Tujuh bulan berselang, Riski kembali dilaporkan ke polisi pada Juli 2020. Kali itu Thamrin tidak lagi melaporkan ke Polres Baubau, melainkan langsung ke Polda Sulawesi Tenggara. Pelapor bermodal tangkapan layar (screenshot) Facebook milik Riski. “Saya diminta mengajukan permohonan maaf,” ujar Riski. Tapi mahasiswa S2 di Universitas Jayaba Sultra ini menolak permintaan itu karena merasa tidak bersalah. Ia memilih untuk mengikuti proses hukum. ”Setelah itu saya menjadi tersangka,” lanjutnya.
Surat penetapan tersangka dari Direktorat Reserse Kriminal Khusus Kepolisian Daerah Sulawesi Tenggara bernomor SP.Gil/08/X/2020/Dit.Reskrimsus diterima Riski pada Senin, 26 Oktober 2020. Surat itu ditandatangani oleh Komisaris Besar Heri Tri Maryadi, Direktur Reskrimsus.

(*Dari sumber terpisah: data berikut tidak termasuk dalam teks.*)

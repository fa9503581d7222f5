-- ===== src/Signal.antt =====
-- The signals of include/wfey.h between the cores: the doorbell, `SEV`, `WFE` and `armMonitor`.
-- The event register and the exclusive monitor are those of the event processor's core, as the Arm
-- architecture describes them: `SEV` sets the register; `WFE` ends at once if it is set, and clears it, and
-- else waits; a store by another core to the monitored address opens the monitor and sets the register.
-- The processor's own accesses leave its monitor alone.
use wfey.Prelude.{ℕ, Bool, true, false, Option, none, some, if◌then◌else◌}

-- What an address of the program points to: the doorbell of the processor's `eventSignal`, or a slot of
-- the processor thread's own stack.
pub data Loc : Type 0 where
  doorbell : Loc
  stack : Loc

pub record Hardware : Type 0 where
  pub db : ℕ
  pub event_register : Bool
  pub monitor : Option Loc

abbrev pub doorbell_pressed : ℕ
doorbell_pressed = 1

abbrev pub watches_doorbell : Option Loc → Bool
watches_doorbell (some doorbell) = true
watches_doorbell (some stack) = false
watches_doorbell none = false

-- The exchange returns the old value.
unfoldable pub doorbell_is_pressed_and_reset : Hardware → ℕ × Hardware
doorbell_is_pressed_and_reset hw = (hw.db, record hw { db = 0 })

unfoldable pub doorbell_reset : Hardware → Hardware
doorbell_reset hw = record hw { db = 0 }

-- The store comes from a source's core.
unfoldable pub doorbell_press : Hardware → Hardware
doorbell_press hw =
    if watches_doorbell hw.monitor
    then record { db = doorbell_pressed; event_register = true; monitor = none }
    else record hw { db = doorbell_pressed }

unfoldable pub sev : Hardware → Hardware
sev hw = record hw { event_register = true }

-- `none` while the core waits.
unfoldable pub wfe : Hardware → Option Hardware
wfe hw = if hw.event_register then some (record hw { event_register = false }) else none

-- The load is from `[%1]` with `"r" (&addr)`: from the slot that holds the parameter `addr`, not from
-- the address that the parameter is.
unfoldable pub arm_monitor : Loc → Hardware → Hardware
arm_monitor addr hw = record hw { monitor = some stack }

Pada November 2020, Riski bersama sejumlah pengacara mengajukan gugatan praperadilan terhadap status tersangkanya ke Pengadilan Negeri Baubau. “Keluarga terpukul. Mereka mendampingi saya. Mereka keliling mencari solusi. Pada akhirnya keluarga menyerahkan untuk melakukan perlawanan hukum,” ujar Riski dengan suara bergetar. Tagar ‘saverisky’ pun sempat mencuat ramai di jejaring sosial media sejak 30 Oktober hingga awal November 2020.
Setelah melalui beberapa kali persidangan, Senin, 28 Desember 2020 lalu, Hakim Tunggal PN Baubau, Achmad Wahyu Utomo mengabulkan gugatan Riski. Hakim memutuskan bahwa penetapan status tersangka dan DPO tidak sah secara hukum. “Kasus itu dianggap kedaluwarsa oleh PN Baubau,” kata Riski.
Meski begitu, dua bulan lebih sejak keputusan pengadilan, Riski mengaku belum mendapat konfirmasi pencabutan namanya dari daftar DPO. Riski mengaku tidak bisa mengonfirmasi langsung statusnya tersebut kepada Polda Sultra karena jarak Kendari dan Baubau bisa mencapai 12 jam perjalanan darat. “Status DPO belum terkonfirmasi di Polda Sultra. Saya belum terima ada info pencabutan DPO saya,” ucap dia.
“Praperadilan sudah menang. Saya berhadap ada kepastian pencabutan DPO,” lanjutnya.
Ia pun meminta agar pemerintah dan Dewan Perwakilan Rakyat (DPR) segera merevisi pasal karet yang terdapat di UU ITE. Sejak pertengahan Desember 2021 Presiden Joko Widodo telah mengirimkan surat presiden (Surpres) ke DPR. Namun DPR belum juga membahas rancangan revisi UU tersebut. “Saya mendukung perbaikan terhadap UU ITE. Saya tidak mau ada yang kena UU ITE lagi,” pungkasnya.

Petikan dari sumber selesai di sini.